(Saved data entries)
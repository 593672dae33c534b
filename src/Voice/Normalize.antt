-- ===== src/Voice/Normalize.antt =====
-- normalizeTranscript of apps/gateway/src/lib/voice/types.ts, with the filter of hallucinated texts and the
-- repair of timestamps. Texts have no surrogate pairs, so that a code unit is a character, and a twelfth of
-- a second for each character is rounded down to whole milliseconds.
use modelforge_ai.Base.{
  ℕ, suc, ◌+◌, ◌-◌, ◌*◌, ◌/◌, min, max, Bool, true, false, not, ◌&&◌, ◌||◌, Option, none, some,
  List, [], ◌∷◌, map, length, take, if◌then◌else◌, ltb, leb,
}
use modelforge_ai.Base.Text.{◌==◌, nat_eq}
use modelforge_ai.Base.Preds.{any, filter}
use modelforge_ai.Base.Units.{Units, is_empty, trim, visible}
use modelforge_ai.Voice.Segments.{TranscriptSegment, TranscriptArtifact, texts_of}
use modelforge_ai.Voice.Words.{join_words, squeeze}

-- `===` on texts.
unfoldable pub same_text : Units → Units → Bool
same_text [] [] = true
same_text (c ∷ cs) (d ∷ ds) = (c == d) && same_text cs ds
same_text cs ds = false

-- counts.get(key), once every key is counted.
unfoldable pub count_text : Units → List Units → ℕ
count_text key [] = 0
count_text key (k ∷ ks) = let rest = count_text key ks in if same_text k key then suc rest else rest

-- new Set(text).size
unfoldable pub distinct_units : Units → ℕ
distinct_units [] = 0
distinct_units (c ∷ cs) =
    let rest = distinct_units cs in if any (λ d. d == c) cs then rest else suc rest

-- The pieces of n code units, one from each place.
unfoldable pub grams : ℕ → Units → List Units
grams n [] = []
grams n (c ∷ cs) =
    let rest = grams n cs in if leb n (length (c ∷ cs)) then take n (c ∷ cs) ∷ rest else []

unfoldable pub top_count : List Units → List Units → ℕ
top_count keys [] = 0
top_count keys (k ∷ ks) = max (count_text k keys) (top_count keys ks)

abbrev pub repeats_gram : Units → ℕ → Bool
repeats_gram compact n =
    not (ltb (length compact) (n * 6))
    && leb (max 10 (length compact / (2 * n))) (top_count (grams n compact) (grams n compact))

unfoldable pub uses_lenient_hallucination_filter : ℕ → ℕ → ℕ → Bool
uses_lenient_hallucination_filter start_sec end_sec compact_len =
    if leb start_sec 35_000
    then true
    else ltb start_sec 5_000 && ltb (end_sec - start_sec) 3_000 && ltb 80 compact_len

abbrev pub is_monotonous : Units → ℕ → ℕ → Bool
is_monotonous compact longer few = ltb longer (length compact) && leb (distinct_units compact) few

abbrev pub repeats : Units → Bool
repeats compact = leb 12 (length compact) && any (repeats_gram compact) (2 ∷ 3 ∷ 4 ∷ [])

abbrev pub or_value : Option ℕ → ℕ → ℕ
or_value none value = value
or_value (some n) value = n

abbrev pub replacement : ℕ
replacement = 0xfffd

-- The two replacements of the code name the same character.
abbrev pub without_replacements : Units → Units
without_replacements text = filter (λ c. not (c == replacement)) text

abbrev pub last_end : List TranscriptSegment → Option ℕ
last_end [] = none
last_end (s ∷ []) = some s.end_sec
last_end (s ∷ r ∷ rs) = last_end (r ∷ rs)

module _ (is_space : ℕ → Bool) where
  unfoldable pub strip_replacement_chars : Units → Units
  strip_replacement_chars text = trim is_space (without_replacements text)

  unfoldable pub clean_text : Units → Units
  clean_text text = strip_replacement_chars (squeeze is_space text)

  abbrev pub compact_repeats : Units → ℕ → ℕ → Bool
  compact_repeats compact start end =
      if uses_lenient_hallucination_filter start end (length compact)
      then is_monotonous compact 200 4
      else is_monotonous compact 80 6 || repeats compact

  unfoldable pub is_hallucinated_transcript_text : Units → ℕ → Option ℕ → Bool
  is_hallucinated_transcript_text text start_sec end_sec =
      is_empty (clean_text text)
      || compact_repeats (visible is_space (clean_text text)) start_sec (or_value end_sec start_sec)

  abbrev pub compact_length : TranscriptSegment → ℕ
  compact_length s = length (visible is_space s.text)

  -- The four changes of the end of a segment, in their order.
  abbrev pub end_of_collapsed : ℕ → ℕ → TranscriptSegment → ℕ
  end_of_collapsed duration next_start s =
      if ltb (s.end_sec - s.start_sec) 3_000 && ltb 60 (compact_length s)
      then if ltb s.start_sec next_start
        then next_start
        else min duration (s.start_sec + max 3_000 (compact_length s * 1_000 / 12))
      else s.end_sec

  abbrev pub end_at_next : Option TranscriptSegment → ℕ → ℕ
  end_at_next none end = end
  end_at_next (some next) end = if ltb (end + 2_000) next.start_sec then next.start_sec else end

  abbrev pub end_if_before : ℕ → ℕ → ℕ → ℕ
  end_if_before duration start end = if leb end start && ltb start duration then duration else end

  abbrev pub end_within : ℕ → ℕ → ℕ
  end_within duration end = if ltb 0 duration then min end duration else end

  abbrev pub start_of_next : ℕ → Option TranscriptSegment → ℕ
  start_of_next duration none = duration
  start_of_next duration (some next) = next.start_sec

  unfoldable pub repair_segment :
      ℕ → Option TranscriptSegment → TranscriptSegment → TranscriptSegment
  repair_segment duration next s =
      let spread = end_of_collapsed duration (start_of_next duration next) s in
      let reaching = end_at_next next spread in
      let after = end_if_before duration s.start_sec reaching in
      record s { end_sec = max (end_within duration after) s.start_sec }

  unfoldable pub repair_from : ℕ → List TranscriptSegment → List TranscriptSegment
  repair_from duration [] = []
  repair_from duration (s ∷ []) = repair_segment duration none s ∷ []
  repair_from duration (s ∷ r ∷ rs) =
      repair_segment duration (some r) s ∷ repair_from duration (r ∷ rs)

  unfoldable pub repair_segment_timestamps :
      List TranscriptSegment → Option ℕ → List TranscriptSegment
  repair_segment_timestamps segments duration_sec =
      repair_from (or_value duration_sec (or_value (last_end segments) 0)) segments

  abbrev pub cleaned : TranscriptSegment → TranscriptSegment
  cleaned s = record s { text = clean_text s.text }

  abbrev pub is_kept : TranscriptSegment → Bool
  is_kept s =
      ltb 0 (length s.text)
      && not (is_hallucinated_transcript_text s.text s.start_sec (some s.end_sec))

  unfoldable pub kept_segments : List TranscriptSegment → List TranscriptSegment
  kept_segments segments = filter is_kept (map cleaned segments)

  abbrev pub longer_of : TranscriptSegment → TranscriptSegment → TranscriptSegment
  longer_of longest s =
      if leb (length (strip_replacement_chars longest.text))
        (length (strip_replacement_chars s.text))
      then s
      else longest

  unfoldable pub longest_from : TranscriptSegment → List TranscriptSegment → TranscriptSegment
  longest_from longest [] = longest
  longest_from longest (s ∷ ss) = longest_from (longer_of longest s) ss

  abbrev pub with_repaired : TranscriptArtifact → List TranscriptSegment → TranscriptArtifact
  with_repaired input kept =
      let repaired = repair_segment_timestamps kept (last_end kept) in
      record input { text = squeeze is_space (join_words (texts_of repaired)); segments = repaired }

  -- No segment is kept.
  abbrev pub with_longest : TranscriptArtifact → List TranscriptSegment → TranscriptArtifact
  with_longest input [] = with_repaired input []
  with_longest input (s ∷ ss) =
      let best = cleaned (longest_from s ss) in
      if leb 8 (length best.text)
      then record input { text = best.text; segments = best ∷ [] }
      else with_repaired input []

  abbrev pub normalize_kept : TranscriptArtifact → List TranscriptSegment → TranscriptArtifact
  normalize_kept input [] = with_longest input input.segments
  normalize_kept input (s ∷ ss) = with_repaired input (s ∷ ss)

  unfoldable pub normalize_transcript : TranscriptArtifact → TranscriptArtifact
  normalize_transcript input = normalize_kept input (kept_segments input.segments)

#### PROBLEM STATEMENT
If a line in the entries contains the word "squeeze", copy that line out.

#### RESPONSE TO THE EXERCISE
use modelforge_ai.Voice.Words.{join_words, squeeze}
  clean_text text = strip_replacement_chars (squeeze is_space text)
      record input { text = squeeze is_space (join_words (texts_of repaired)); segments = repaired }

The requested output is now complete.